A-4286, the second proposed bill, would revise the Compassionate Use Act to allow the transfer of any excess inventory from one authorized alternative treatment center to another alternative treatment center. Such inventory could include marijuana seeds, seedlings, or paraphernalia; marijuana plants; or marijuana packaged for use by qualifying patients in a form authorized by law. This provision would facilitate the transfer of inventory among alternative treatment centers in order to meet patient demand at different locations around the state.

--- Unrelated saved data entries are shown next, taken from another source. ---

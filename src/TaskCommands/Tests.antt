-- ===== src/TaskCommands/Tests.antt =====
-- Runs of the commands for tasks, on the tables of the store's tests.
use claw.Prelude.{ℕ, ◌≡◌, refl, true, false, none, some, [], Option}
use claw.Prelude.Text.{Text, text_eq, codes}
use claw.Errors.{ok}
use claw.TaskBranch.Tests.{ascii}
use claw.Queue.{QueueCoordinator, new_queue_coordinator}
use claw.Store.{Store}
use claw.Store.Tests.{store, task_at}
use claw.Prelude.Text.{trim_space}
use claw.Types.{MessageRequest, thread}
use claw.TaskName.{validate_task_name}
use claw.Policy.{build_task_key, resolve_message_key}
use claw.Store.{quiet}
use claw.Store.Tests.{tables}
use claw.TaskCommands.Switch.{switch}
use claw.TaskCommands.Switch.Choice.{Switches, switch-Switches}
use claw.TaskCommands.Create.{create}
use claw.TaskCommands.Create.Naming.{Creates, create-Creates}
use claw.TaskCommands.Create.Routing.{create-resolves, message_for}
use claw.Store.Stamp.{second}
use claw.Services.{sqlite_store}
use claw.TaskCommands.{task_command_response, reset_message, reset_context}
use claw.TaskCommands.Close.{TaskWorktrees, close}
use claw.TaskCommands.Close.Effects.{Closes}
use claw.TaskCommands.Close.Choice.{close-Closes}
use claw.TaskCommands.Show.{list_tasks}
use claw.TaskCommands.Show.Lines.{Lists, list_tasks-Lists}
use claw.TaskCommands.Reset.{ResetFrom, reset_context-ResetFrom}

abbrev request : MessageRequest
request = record {
  user_id = [];
  channel_id = codes "c";
  message_id = codes "m";
  content = codes "go";
  task_override_name = [];
  image_paths = [];
  cleanup = none;
  progress_sink = none;
  mentioned = true;
  received_at = 3;
}

abbrev idle : QueueCoordinator ℕ
idle = new_queue_coordinator

-- The task has no binding.
resets :
    (reset_context (sqlite_store ascii) (codes "claw") idle (codes "u") store).0
    ≡ ok (task_command_response (reset_message false (task_at (codes "t") second)))
unfolding reset_context claw.Store.Tasks.get_active_task claw.Store.Tasks.get_task
    claw.Store.Bindings.get_thread_binding claw.Store.Bindings.delete_thread_binding
    claw.Store.driver claw.Store.query claw.Store.exec claw.Prelude.first claw.Prelude.Text.text_eq
    claw.Prelude.Text.codes claw.Queue.snapshot claw.Queue.new_queue_coordinator
    claw.Policy.build_task_key
resets = refl

reset_context-ResetFrom_example :
    ResetFrom ascii
      (codes "claw")
      idle
      (codes "u")
      store
      (reset_context (sqlite_store ascii) (codes "claw") idle (codes "u") store)
reset_context-ResetFrom_example =
    reset_context-ResetFrom ascii (codes "claw") idle (codes "u") store

create-Creates_example :
    Creates ascii (codes "claw") (codes "n") (codes "u") (trim_space (codes " docs ")) tables 7 (
      create
        (sqlite_store ascii)
        ascii
        (codes "claw")
        (codes "n")
        (codes "u")
        (codes " docs ")
        (quiet tables 7))
create-Creates_example =
    create-Creates ascii (codes "claw") (codes "n") (codes "u") (codes " docs ") tables 7

create-resolves_example :
    (resolve_message_key
      (sqlite_store ascii)
      (λ t. codes "2026-04-05")
      thread
      (message_for request (codes "u") (trim_space (codes " docs ")))
      (create
        (sqlite_store ascii)
        ascii
        (codes "claw")
        (codes "n")
        (codes "u")
        (codes " docs ")
        (quiet tables 7)).1).0
    ≡ ok (build_task_key (codes "u") (codes "n"))
unfolding validate_task_name claw.Prelude.Text.is_empty trim_space codes claw.Store.Tasks.open_tasks
    claw.Prelude.select claw.Prelude.first claw.Prelude.Text.text_eq claw.Store.Stamp.stamp_lt
create-resolves_example =
    create-resolves ascii (codes "claw") (codes "n") (codes "u") (codes " docs ") tables 7
      (λ t. codes "2026-04-05") request refl refl refl

switch-Switches_example :
    Switches ascii text_eq
      (codes "claw")
      (codes "u")
      tables
      7
      (trim_space (codes " late "))
      (trim_space [])
      (switch
        (sqlite_store ascii)
        text_eq
        (codes "claw")
        (codes "u")
        (codes " late ")
        []
        (quiet tables 7))
switch-Switches_example =
    switch-Switches ascii text_eq (codes "claw") (codes "u") tables 7 (codes " late ") []

-- A manager that prunes nothing, with the branch `main` everywhere.
abbrev worktrees : Option (TaskWorktrees Store)
worktrees = some (record {
  prune_closed = λ s. (ok tt, s);
  current_branch = some (λ task s. (ok (some (codes "main")), s));
})

close-Closes_example :
    Closes ascii worktrees text_eq
      (codes "claw")
      (codes "u")
      tables
      7
      (trim_space [])
      (trim_space (codes " late "))
      (close
        (sqlite_store ascii)
        worktrees
        text_eq
        (codes "claw")
        (codes "u")
        []
        (codes " late ")
        (quiet tables 7))
unfolding claw.Prelude.first
close-Closes_example =
    close-Closes ascii worktrees text_eq (codes "claw") (codes "u") [] (codes " late ") tables 7
      (refl, tt) (λ t. record { tables = t; later = 7; is_quiet = refl; active_tasks = refl })

list_tasks-Lists_example :
    Lists worktrees store.tables
      (codes "claw")
      (codes "u")
      store
      (list_tasks (sqlite_store ascii) worktrees (codes "claw") (codes "u") store)
list_tasks-Lists_example =
    list_tasks-Lists ascii worktrees (codes "claw") (codes "u") store (λ task s. refl)
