-- ===== src/TaskOverride/Outcomes.antt =====
-- What `ParseTaskOverride` may return, for every content.
use claw.Prelude.{
  ◌≡◌, refl, ap, ◌∙◌, ◌≢◌, ◌⊎◌, inl, inr, Bool, true, false, not, ◌&&◌, none, [], ◌∷◌, ◌++◌, arith,
  All, Bool-cases, Option-cases,
}
use claw.Prelude.Text.{
  Text, codes, is_empty, is_empty_iff, trim_space, cut_prefix, cut_prefix_sound, cut_prefix-append,
}
use claw.TaskName.{validate_task_name}
use claw.TaskOverride.{
  ParsedTaskOverride, ends_name, split_name, invalid_override, empty_override, plain, reject,
  override, parse_named, parse_remainder, parse_task_override,
}

-- The rest of the message begins where the name ends.
abbrev pub IsRest : Text → Type 0
IsRest [] = Unit
IsRest (c ∷ s) = ends_name c ≡ true

abbrev pub IsNameText : Text → Type 0
IsNameText = All (λ c. ends_name c ≡ false)

-- The cut is the only one that leaves no separator in the name and one at the start of the rest.
pub split_name_lem :
    (s : Text)
    → (s ≡ (split_name s).0 ++ (split_name s).1)
      × IsNameText (split_name s).0
      × IsRest (split_name s).1
unfolding split_name
split_name_lem [] = (refl, tt, tt)
split_name_lem (c ∷ s) = elim (Bool-cases (ends_name c)) [
  | inl e ↦ rw e (refl, tt, e)
  | inr e ↦ let (whole, named, rest) = split_name_lem s in rw e (ap (◌∷◌ c) whole, (e, named), rest)
]

pub split_name-append :
    (name rest : Text) → IsNameText name → IsRest rest → split_name (name ++ rest) ≡ (name, rest)
unfolding split_name
split_name-append [] [] n r = refl
split_name-append [] (c ∷ s) n r = rw r
split_name-append (c ∷ name) rest (e, n) r = rw (split_name-append name rest n r, e)

-- The result of parsing a message that is trimmed.
pub data Parses (trimmed : Text) (has_images : Bool) : ParsedTaskOverride → Type 0 where
  no_prefix :
      {p : ParsedTaskOverride}
      → ((r : Text) → trimmed ≢ codes "task:" ++ r)
      → p ≡ plain trimmed
      → Parses trimmed has_images p
  bad_name :
      {p : ParsedTaskOverride} (name rest : Text)
      → trimmed ≡ codes "task:" ++ (name ++ rest)
      → IsNameText name
      → IsRest rest
      → validate_task_name name ≢ none
      → p ≡ reject invalid_override
      → Parses trimmed has_images p
  no_body :
      {p : ParsedTaskOverride} (name rest : Text)
      → trimmed ≡ codes "task:" ++ (name ++ rest)
      → IsNameText name
      → IsRest rest
      → validate_task_name name ≡ none
      → trim_space rest ≡ []
      → has_images ≡ false
      → p ≡ reject empty_override
      → Parses trimmed has_images p
  accept :
      {p : ParsedTaskOverride} (name rest : Text)
      → trimmed ≡ codes "task:" ++ (name ++ rest)
      → IsNameText name
      → IsRest rest
      → validate_task_name name ≡ none
      → (trim_space rest ≢ []) ⊎ (has_images ≡ true)
      → p ≡ override name (trim_space rest)
      → Parses trimmed has_images p

parse_named-Parses :
    (trimmed name rest : Text) (has_images : Bool)
    → trimmed ≡ codes "task:" ++ (name ++ rest)
    → IsNameText name
    → IsRest rest
    → Parses trimmed has_images (parse_named (name, rest) has_images)
unfolding parse_named
parse_named-Parses trimmed name rest has_images whole n r =
    elim (Option-cases (validate_task_name name)) [
      | inr (error, e) ↦ rw (e, parse_named) (bad_name name rest whole n r (λ valid. cc) refl)
      | inl e ↦ elim (Bool-cases (is_empty (trim_space rest) && not has_images)) [
        | inl b ↦
            rw (e, parse_named, b)
              (no_body name rest whole n r e ((is_empty_iff (trim_space rest)).0 (ground arith))
                (ground arith) refl)
        | inr b ↦ rw (e, parse_named, b) (accept name rest whole n r e (has_body has_images b) refl)
      ]
    ]
  where
    has_body :
        (images : Bool)
        → (is_empty (trim_space rest) && not images) ≡ false
        → (trim_space rest ≢ []) ⊎ (images ≡ true)
    has_body true b = inr refl
    has_body false b = inl (λ e. ground (arith, (is_empty_iff (trim_space rest)).1 e))

pub parse_remainder-lem :
    (s : Text) (has_images : Bool)
    → parse_remainder s has_images ≡ parse_named (split_name s) has_images
parse_remainder-lem [] has_images =
    unfold parse_remainder split_name validate_task_name is_empty trim_space in refl
parse_remainder-lem (c ∷ s) has_images = unfold parse_remainder is_empty in refl

cut_prefix_complete : (s p : Text) → cut_prefix s p ≡ none → (r : Text) → s ≢ p ++ r
cut_prefix_complete s p h r e = cc (h, cut_prefix-append p r, ap (λ t. cut_prefix t p) e)

-- Whatever the content, with white space trimmed off: without the prefix `task:` it is a plain
-- prompt; else it is the prefix, a name up to the first separator and a rest, and the result is
-- a rejection if the name is invalid, a rejection if the trimmed rest is empty and there is no
-- image, and otherwise the name with the trimmed rest as its prompt.
pub parse_task_override-Parses :
    (content : Text) (has_images : Bool)
    → Parses (trim_space content) has_images (parse_task_override content has_images)
unfolding parse_task_override
parse_task_override-Parses content has_images =
    elim (Option-cases (cut_prefix (trim_space content) (codes "task:"))) [
      | inl e ↦ rw (e, parse_task_override) (no_prefix (cut_prefix_complete _ _ e) refl)
      | inr (s, e) ↦
          let (whole, named, rest) = split_name_lem s in
          rw (e, parse_task_override, parse_remainder-lem s has_images)
            (parse_named-Parses _ (split_name s).0 (split_name s).1 has_images
              (cut_prefix_sound _ _ s e ∙ ap (◌++◌ (codes "task:")) whole) named rest)
    ]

Finally, the third proposed bill, A-3726, would add post-traumatic stress disorder (PTSD) to the list of qualifying medical conditions for which medical marijuana therapy would be available in New Jersey. Under this bill, a PTSD patient would have to be resistant to conventional medical therapy, which typically combines psychotherapy with antidepressants and anti-anxiety medications, and would also have to meet other requirements under the Compassionate Use Act.
Under New Jersey law, the DOH would have thirty days from the date of transmittal of the resolution to amend or withdraw the regulations at issue, or the legislature may, through the passage of a concurrent resolution, invalidate the DOH rules and regulations in hold or part pursuant to its authority under the state constitution.
This legislation, if passed, would certainly facilitate greater availability of medical marijuana for qualified patients in New Jersey, consistent with legislative intent underlying the New Jersey Compassionate Use Medical Marijuana Act.